The Magic Quill #27: Single Combat
by Robbie Fischer, concepts contributed by: Ronald Weasley (PS/SS, Chapter 9)
“I would have gone on searching for Ilona straight through the Single event, but Ruff put a hex on me that made me come over unbearably itchy–with a burning rash–with every yard I put between myself and the dueling arena. And Crinkle forced a whole pint of Determination Draught down my throat, which got me through the quarter- and semi-final. I scarcely remember them. I only know that when I found out I would meet Shmedly again in the final, I looked forward to it with bitter joy.
“The Single final came on the last day of the Owlympics, literally after the closing ceremonies. Most countries’ delegations had planned to leave before then, but after the Freestyle Final everyone was interested to see what would happen next. The sun had already gone down, and many of the other arenas had been vanished or dismantled already; but as the hour came for the Single final, the crowd of spectators overflowed the arena.

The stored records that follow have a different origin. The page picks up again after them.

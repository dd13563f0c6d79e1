-- ===== src/RecvDataProc/Receive.antt =====
-- `AddRecvData` against the frame format, and the life of a `CRecvDataProc`: connections, data and
-- the tasks of the workers in any order.
use cmdtran.Common.{
  ℕ, ◌≤◌, ◌≡◌, refl, sym, ap, subst, ◌∙◌, Bool, true, false, ◌&&◌, ◌≢◌, Bool-cases, some, List,
  ◌++◌, inl, inr, arith, Option-cases, take, length,
}
use mathlib.Core.Option.{some-injective, none-ne-some}
use mathlib.Core.Bool.{true≢false}
use cmdtran.Common.Int.{ℤ, add_ℕ, exceeds_ℕ}
use cmdtran.Common.Map.{find, update, update-IsSorted, find-update_self, find-update_ne}
use cmdtran.FrameRestruct.{FrameRestruct}
use cmdtran.FrameRestruct.Decode.{decode}
use cmdtran.FrameRestruct.Deliver.{deliver, contents}
use cmdtran.FrameRestruct.Deliver
use cmdtran.FrameRestruct.Refine.{restruct_frame-decode}
use cmdtran.RecvDataProc.{
  ClientInfo, RecvDataProc, new_client_info, add_client, quit_client, increase_at,
  increase_frame_count, decrease_at, decrease_frame_count, received, add_recv_data, login,
  new_client, send_loop, watches, pic_data_recv, reset_camera_id, command_proc, process_task,
  client_type_phone, client_type_pc, frame_byte, login_ack_frame,
}
use cmdtran.RecvDataProc
use cmdtran.RecvDataProc.Service.{Backend, FrameProcTask, backend}
use cmdtran.RecvDataProc.Server.{EpollServer, Reading}
use cmdtran.RecvDataProc.Clients.{update_kept}
use cmdtran.RecvDataProc.Flow.{
  IsValid, add_client-IsValid, quit_client-IsValid, increase_frame_count-IsValid,
}
use cmdtran.RecvDataProc.Steps.{process_task-IsValid}

module _ (epoll : EpollServer) (reading : Reading epoll) where
  open epoll use {State, disable_read}
  open reading use {flag}

  -- What is stored behind a call of `RestructFrame`.
  abbrev pub stored : ℕ → FrameRestruct → Backend → RecvDataProc State → RecvDataProc State
  stored sock r b p = record p {
    backend = b;
    client_map = update sock (λ c. record c { frame_restruct = r }) p.client_map;
  }

  stored-IsValid :
      (sock : ℕ) (r : FrameRestruct) (b : Backend) (p : RecvDataProc State)
      → IsValid epoll reading p
      → Deliver.IsValid r
      → IsValid epoll reading (stored sock r b p)
  stored-IsValid sock r b p v ok = record {
    sorted = update-IsSorted sock _ p.client_map v.sorted;
    bounds = v.bounds;
    flowing =
        update_kept epoll reading p.flow_control_high p.flow_control_low sock _ p.client_map
          p.server p.server
          (λ d was. record {
            restruct = ok;
            agrees = was.agrees;
            full = was.full;
            drained = was.drained;
          })
          (λ j. refl) v.flowing;
  }

  -- What `AddRecvData` for a client hands over, before the count.
  add_recv_data-client :
      (sock : ℕ) (buff : List ℕ) (len : ℕ) (p : RecvDataProc State) (c : ClientInfo)
      → IsValid epoll reading p
      → len ≤ length buff
      → find sock p.client_map ≡ some c
      → let (frames, rest) = decode 0 (contents c.frame_restruct ++ take len buff) in
        let (count, b) = deliver backend c.frame_restruct.recv_data_proc sock frames 0 p.backend in
        (r : FrameRestruct) × (add_recv_data epoll sock buff len p
          ≡ some (true, (increase_frame_count epoll sock count (stored sock r b p)).1))
        × Deliver.IsValid r
        × (contents r ≡ rest)
  unfolding add_recv_data received
  add_recv_data-client sock buff len p c v given at_sock =
      let (r, returns, ok, rest, _) =
        restruct_frame-decode backend sock c.frame_restruct buff len p.backend
          (v.flowing sock c at_sock).restruct given in
      (r, rw (at_sock, add_recv_data, returns) refl, ok, rest)

  -- What `IncreaseFrameCount` leaves of a client, of the others, and of the reading of the socket.
  pub record Increased (sock n : ℕ) (c : ClientInfo) (p p' : RecvDataProc State) (c' : ClientInfo)
      : Type 0 where
    pub at_socket : find sock p'.client_map ≡ some c'
    pub count : c'.frame_count ≡ add_ℕ c.frame_count n
    pub others : (j : ℕ) → sock ≢ j → find j p'.client_map ≡ find j p.client_map
    pub backend_kept : p'.backend ≡ p.backend
    pub switched :
        (exceeds_ℕ (add_ℕ c.frame_count n) p.flow_control_high && c.enable_read) ≡ true
        → (c'.enable_read ≡ false) × (p'.server ≡ disable_read sock p.server)
    pub left :
        (exceeds_ℕ (add_ℕ c.frame_count n) p.flow_control_high && c.enable_read) ≡ false
        → (c'.enable_read ≡ c.enable_read) × (p'.server ≡ p.server)

  increase_frame_count-client :
      (sock n : ℕ) (c : ClientInfo) (p : RecvDataProc State)
      → find sock p.client_map ≡ some c
      → increase_at epoll sock n c p ≡ increase_frame_count epoll sock n p
  unfolding increase_frame_count
  increase_frame_count-client sock n c p there = rw (there, increase_frame_count) refl

  increase_at_lem :
      (sock n : ℕ) (c : ClientInfo) (p : RecvDataProc State)
      → find sock p.client_map ≡ some c
      → (c' : ClientInfo) × Increased sock n c p (increase_at epoll sock n c p).1 c'
        × (c'.frame_restruct ≡ c.frame_restruct)
  unfolding increase_at
  increase_at_lem sock n c p there =
      elim (Bool-cases (exceeds_ℕ (add_ℕ c.frame_count n) p.flow_control_high && c.enable_read)) [
        | inl over ↦ rw over (
          record c { frame_count = add_ℕ c.frame_count n; enable_read = false },
          record {
            at_socket = find-update_self sock _ p.client_map c there;
            count = refl;
            others = λ j h. find-update_ne sock j _ p.client_map h;
            backend_kept = refl;
            switched = λ e. (refl, refl);
            left = λ e. absurd (true≢false (sym over ∙ e));
          },
          refl,
        )
        | inr under ↦ rw under (
          record c { frame_count = add_ℕ c.frame_count n },
          record {
            at_socket = find-update_self sock _ p.client_map c there;
            count = refl;
            others = λ j h. find-update_ne sock j _ p.client_map h;
            backend_kept = refl;
            switched = λ e. absurd (true≢false (sym e ∙ under));
            left = λ e. (refl, refl);
          },
          refl,
        )
      ]

  -- In a valid server, `AddRecvData` for a client, with no more bytes than there are, returns
  -- true: the frames of the stream of the bytes that the client left over and the new ones are
  -- handed to the workers in order; the number of those that were saved is added to the client's
  -- count; if the sum is above the upper bound and the client was to be read, its flag is off and
  -- its socket is switched off, and otherwise both are as they were; the client's frame buffer is
  -- valid and keeps the end of the stream; and the other clients are as they were.
  pub add_recv_data_lem :
      (sock : ℕ) (buff : List ℕ) (len : ℕ) (p : RecvDataProc State) (c : ClientInfo)
      → IsValid epoll reading p
      → len ≤ length buff
      → find sock p.client_map ≡ some c
      → let (frames, rest) = decode 0 (contents c.frame_restruct ++ take len buff) in
        let (count, b) = deliver backend c.frame_restruct.recv_data_proc sock frames 0 p.backend in
        (p' : RecvDataProc State) × (c' : ClientInfo) × (add_recv_data epoll sock buff len p
          ≡ some (true, p'))
        × Increased sock count c (record p { backend = b }) p' c'
        × Deliver.IsValid c'.frame_restruct
        × (contents c'.frame_restruct ≡ rest)
  add_recv_data_lem sock buff len p c v given at_sock =
      let (frames, rest) = decode 0 (contents c.frame_restruct ++ take len buff) in
      let (count, b) = deliver backend c.frame_restruct.recv_data_proc sock frames 0 p.backend in
      let (r, returns, ok, left_over) = add_recv_data-client sock buff len p c v given at_sock in
      let d = record c { frame_restruct = r } in
      let q = stored sock r b p in
      let there = find-update_self sock _ p.client_map c at_sock in
      let (c', i, same) = increase_at_lem sock count d q there in
      (
        (increase_at epoll sock count d q).1,
        c',
        returns
            ∙ ap (λ (x : ℤ × RecvDataProc State). some (true, x.1))
                (sym (increase_frame_count-client sock count d q there)),
        record {
          at_socket = i.at_socket;
          count = i.count;
          others = λ j h. i.others j h ∙ find-update_ne sock j _ p.client_map h;
          backend_kept = i.backend_kept;
          switched = i.switched;
          left = i.left;
        },
        rw same ok,
        rw same left_over,
      )

  -- In a valid server, `AddRecvData` of any socket, with no more bytes than there are, returns,
  -- and leaves the server valid.
  pub add_recv_data-IsValid :
      (sock : ℕ) (buff : List ℕ) (len : ℕ) (p : RecvDataProc State)
      → IsValid epoll reading p
      → len ≤ length buff
      → (done : Bool) × (p' : RecvDataProc State) × (add_recv_data epoll sock buff len p
          ≡ some (done, p'))
        × IsValid epoll reading p'
  unfolding add_recv_data
  add_recv_data-IsValid sock buff len p v given = elim (Option-cases (find sock p.client_map)) [
    | inl out ↦ (false, p, rw (out, add_recv_data) refl, v)
    | inr (c, at_sock) ↦
        let (r, returns, ok, rest) = add_recv_data-client sock buff len p c v given at_sock in
        (
          true,
          _,
          returns,
          increase_frame_count-IsValid epoll reading sock _ _ (stored-IsValid sock r _ p v ok),
        )
  ]

  -- One step of the server: its connections, data and tasks, or work that the epoll server does on its own and that
  -- leaves the flags of the clients alone. A socket that connects is known to the epoll server, which reads it.
  pub data Step (p : RecvDataProc State) : RecvDataProc State → Type 0 where
    connect :
        (sock camera : ℕ) → flag sock p.server ≡ some true → Step p (add_client epoll sock camera p)
    quit : (sock : ℕ) → Step p (quit_client epoll sock p)
    receive :
        (sock : ℕ) (buff : List ℕ) (len : ℕ) (done : Bool) (p' : RecvDataProc State)
        → len ≤ length buff
        → add_recv_data epoll sock buff len p ≡ some (done, p')
        → Step p p'
    process : (t : FrameProcTask) → Step p (process_task epoll t p)
    own :
        (s : State)
        → ((k : ℕ) (c : ClientInfo) → find k p.client_map ≡ some c → flag k s ≡ flag k p.server)
        → Step p (record p { server = s })

  pub data Steps (p : RecvDataProc State) : RecvDataProc State → Type 0 where
    start : Steps p p
    more : (p' p'' : RecvDataProc State) → Steps p p' → Step p' p'' → Steps p p''

  Step-IsValid :
      (p p' : RecvDataProc State) → IsValid epoll reading p → Step p p' → IsValid epoll reading p'
  Step-IsValid p _ v (connect sock camera on) = add_client-IsValid epoll reading sock camera p v on
  Step-IsValid p _ v (quit sock) = quit_client-IsValid epoll reading sock p v
  Step-IsValid p _ v (receive sock buff len done p' given returns) =
      let (done', q, returns', ok) = add_recv_data-IsValid sock buff len p v given in
      subst (IsValid epoll reading)
        (ap (λ (x : Bool × RecvDataProc State). x.1)
          (some-injective (done', q) (done, p') (sym returns' ∙ returns)))
        ok
  Step-IsValid p _ v (process t) = process_task-IsValid epoll reading t p v
  Step-IsValid p _ v (own s same) = record {
    sorted = v.sorted;
    bounds = v.bounds;
    flowing = λ k c e. rw (same k c e) (v.flowing k c e);
  }

  -- From a valid server, and where each socket that connects is at that moment read by the epoll
  -- server, in every order of such connections, ends of connections, received data, processed
  -- tasks and work of the epoll server that leaves the flags of the clients alone, the server
  -- stays valid: each client whose count is above the upper bound is not to be read and each one
  -- whose count is below the lower bound is, by its flag and by that of the epoll server, and its
  -- frame buffer is valid.
  pub Steps-IsValid :
      (p p' : RecvDataProc State) → IsValid epoll reading p → Steps p p' → IsValid epoll reading p'
  Steps-IsValid p _ v start = v
  Steps-IsValid p _ v (more p' p'' before step) =
      Step-IsValid p' p'' (Steps-IsValid p p' v before) step

  pub init-IsValid :
      (created : ℕ → Bool) (garbage : ℕ → ℕ) (memory : ℕ → List ℕ) (s : State)
      → IsValid epoll reading (RecvDataProc.init created garbage memory s)
  unfolding RecvDataProc.init find
  init-IsValid created garbage memory s = record {
    sorted = tt;
    bounds = omega arith;
    flowing = λ k c e. absurd (none-ne-some c e);
  }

“The first task was given us: We were each supposed to cut or untie a Gordian knot, leaving the rope whole. The bell rang, and both Shmedly and I considered our knots for some minutes. I could not think straight. The pain of losing Ilona, the outrage and injustice, the frustration at not being able to go look for her filled my mind with racing thoughts. Shmedly looked as if he would win when he conjured one of those pen-knives that can undo any knot. But I lost my head and bewitched my knot to butt Shmedly’s out of his reach, the ends of the rope alternately tripping his feet and banging against his arms and trunk. The officials were outraged, and Shmedly was finally so bruised and cowed that he curled up in a ball and let my knotted rope flail against him until the round was halted. After considerable debate, it was called a draw. So into the second round we went.

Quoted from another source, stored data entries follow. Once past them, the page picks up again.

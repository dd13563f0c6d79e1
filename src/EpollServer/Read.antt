-- ===== src/EpollServer/Read.antt =====
-- `ModifyRead` against what epoll reads.
use mathlib.Core.Bool.{true≢false}
use mathlib.Core.Option.{some-injective}
use cmdtran.Common.{
  ℕ, ◌≡◌, ◌≢◌, refl, sym, ap, subst, ◌∙◌, Bool, true, false, not, ◌&&◌, ◌||◌, inl, inr, some,
  ℕ_discrete, Bool-cases,
}
use cmdtran.Common.Map.{find, update, find-update_self, find-update_ne}
use cmdtran.EpollServer.{EpollServer, SocketInformation, modify_read}
use cmdtran.EpollServer.Interface.{Kernel, Control}

pub same_flag : (a b : Bool) → ((a && b) || (not a && not b)) ≡ true → a ≡ b
same_flag true true e = refl
same_flag true false e = cc
same_flag false true e = cc
same_flag false false e = refl

other_flag : (a b : Bool) → ((a && b) || (not a && not b)) ≡ false → b ≡ not a
other_flag true true e = cc
other_flag true false e = refl
other_flag false true e = refl
other_flag false false e = cc

flag_refl : (a : Bool) → ((a && a) || (not a && not a)) ≡ true
flag_refl true = refl
flag_refl false = refl

module _ (kernel : Kernel) where
  open kernel use {State, epoll_ctl_mod}

  -- `ModifyRead` where the flag is another one.
  abbrev pub switched : ℕ → Bool → EpollServer State → EpollServer State
  switched sock enable e = record e {
    socket_info = update sock (λ s. record s { enable_read = enable }) e.socket_info;
    kernel = (epoll_ctl_mod sock enable e.kernel).1;
  }

  pub modify_read-switched :
      (sock : ℕ) (enable : Bool) (e : EpollServer State) (s : SocketInformation)
      → find sock e.socket_info ≡ some s
      → ((enable && s.enable_read) || (not enable && not s.enable_read)) ≡ false
      → modify_read kernel sock enable e
        ≡ ((epoll_ctl_mod sock enable e.kernel).0, switched sock enable e)
  unfolding modify_read
  modify_read-switched sock enable e s at_sock other = rw (at_sock, modify_read, other) refl

  pub modify_read-same :
      (sock : ℕ) (enable : Bool) (e : EpollServer State) (s : SocketInformation)
      → find sock e.socket_info ≡ some s
      → ((enable && s.enable_read) || (not enable && not s.enable_read)) ≡ true
      → modify_read kernel sock enable e ≡ (true, e)
  unfolding modify_read
  modify_read-same sock enable e s at_sock same = rw (at_sock, modify_read, same) refl

module _ (kernel : Kernel) (control : Control kernel) where
  open kernel use {State, epoll_ctl_mod}
  open control use {reads, reads-done, reads-failed, reads-ne}

  -- The flags of all sockets say what epoll reads.
  abbrev pub Agrees : EpollServer State → Type 0
  Agrees e =
      (k : ℕ) (s : SocketInformation)
      → find k e.socket_info ≡ some s
      → reads k e.kernel ≡ s.enable_read

  switched-Agrees :
      (sock : ℕ) (enable : Bool) (e : EpollServer State) (s : SocketInformation)
      → Agrees e
      → find sock e.socket_info ≡ some s
      → (epoll_ctl_mod sock enable e.kernel).0 ≡ true
      → Agrees (switched kernel sock enable e)
  switched-Agrees sock enable e s v at_sock done k t found = elim (ℕ_discrete sock k) [
    | yes same ↦
        subst
          (λ k.
            find k (switched kernel sock enable e).socket_info ≡ some t
            → reads k (switched kernel sock enable e).kernel ≡ t.enable_read)
          same
          (λ found'.
            reads-done sock enable e.kernel done
            ∙ ap (λ (t : SocketInformation). t.enable_read)
                (some-injective _ t
                  (sym (find-update_self sock _ e.socket_info s at_sock) ∙ found')))
          found
    | no other ↦
        reads-ne sock k enable e.kernel other
        ∙ v k t (sym (find-update_ne sock k _ e.socket_info other) ∙ found)
  ]

  -- When the flags of all sockets agree with epoll, a call of `ModifyRead` for a socket that is
  -- there and returns true keeps that so, and has epoll read the socket or not as was asked, and
  -- all others as before.
  pub modify_read_lem :
      (sock : ℕ) (enable : Bool) (e : EpollServer State) (s : SocketInformation)
      → Agrees e
      → find sock e.socket_info ≡ some s
      → (modify_read kernel sock enable e).0 ≡ true
      → Agrees (modify_read kernel sock enable e).1
        × (reads sock (modify_read kernel sock enable e).1.kernel ≡ enable)
        × ((j : ℕ)
            → sock ≢ j
            → reads j (modify_read kernel sock enable e).1.kernel ≡ reads j e.kernel)
  modify_read_lem sock enable e s v at_sock done =
      elim (Bool-cases ((enable && s.enable_read) || (not enable && not s.enable_read))) [
        | inl same ↦
            rw (modify_read-same kernel sock enable e s at_sock same)
              (v, v sock s at_sock ∙ sym (same_flag enable s.enable_read same), λ j h. refl)
        | inr other ↦
            let succeeds : (epoll_ctl_mod sock enable e.kernel).0 ≡ true =
              sym (
                ap (λ (r : Bool × EpollServer State). r.0)
                  (modify_read-switched kernel sock enable e s at_sock other))
              ∙ done in
            rw (modify_read-switched kernel sock enable e s at_sock other) (
              switched-Agrees sock enable e s v at_sock succeeds,
              reads-done sock enable e.kernel succeeds,
              λ j h. reads-ne sock j enable e.kernel h,
            )
      ]

  -- When the flags of all sockets agree with epoll, a call of `ModifyRead` for a socket that is
  -- there and returns false leaves epoll at the opposite of what was asked, and the same call once
  -- more returns true and does nothing.
  pub modify_read-fails :
      (sock : ℕ) (enable : Bool) (e : EpollServer State) (s : SocketInformation)
      → Agrees e
      → find sock e.socket_info ≡ some s
      → (modify_read kernel sock enable e).0 ≡ false
      → let e' = (modify_read kernel sock enable e).1 in
        (reads sock e'.kernel ≡ not enable) × (modify_read kernel sock enable e' ≡ (true, e'))
  modify_read-fails sock enable e s v at_sock failed =
      elim (Bool-cases ((enable && s.enable_read) || (not enable && not s.enable_read))) [
        | inl same ↦ absurd (
            true≢false (
              sym (
                ap (λ (r : Bool × EpollServer State). r.0)
                  (modify_read-same kernel sock enable e s at_sock same))
              ∙ failed))
        | inr other ↦
            let fails : (epoll_ctl_mod sock enable e.kernel).0 ≡ false =
              sym (
                ap (λ (r : Bool × EpollServer State). r.0)
                  (modify_read-switched kernel sock enable e s at_sock other))
              ∙ failed in
            rw (modify_read-switched kernel sock enable e s at_sock other) (
              reads-failed sock enable e.kernel fails
                  ∙ v sock s at_sock
                  ∙ other_flag enable s.enable_read other,
              modify_read-same kernel sock enable (switched kernel sock enable e)
                  (record s { enable_read = enable })
                  (find-update_self sock _ e.socket_info s at_sock) (flag_refl enable),
            )
      ]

“Again, I was hardly able to think about what items I should choose from the chest of junk placed before us. I believe Shmedly picked a prickly pincushion, a cake tin, and an old sweater, and I picked a pig’s bladder, a magnifying glass with a missing lens, and a horse’s skull. Shmedly drew the first move, and the pincushion came to life, walking on its pins toward my pig’s bladder. But I caused the bladder to fill up with gluey gum, which splattered all over the pincushion when it was punctured, putting both items out of commission. Shmedly took his next turn to send the cake tin after the magnifying glass, but I didn’t bother to defend it. I conjured the rest of the horse’s skeleton, assembled the bones by magic, and send it galloping toward Shmedly. He dived out of its way, but it turned and came at him again. Soon it was chasing him round and round the arena, screaming a horse’s hideous death-scream, trying to trample him with its sharp bony feet. Shmedly called for help, but I had also erected a barrier of fire around the enchanted circle so that none of the officials could enter to save him, and waited for the horse skeleton to destroy my enemy.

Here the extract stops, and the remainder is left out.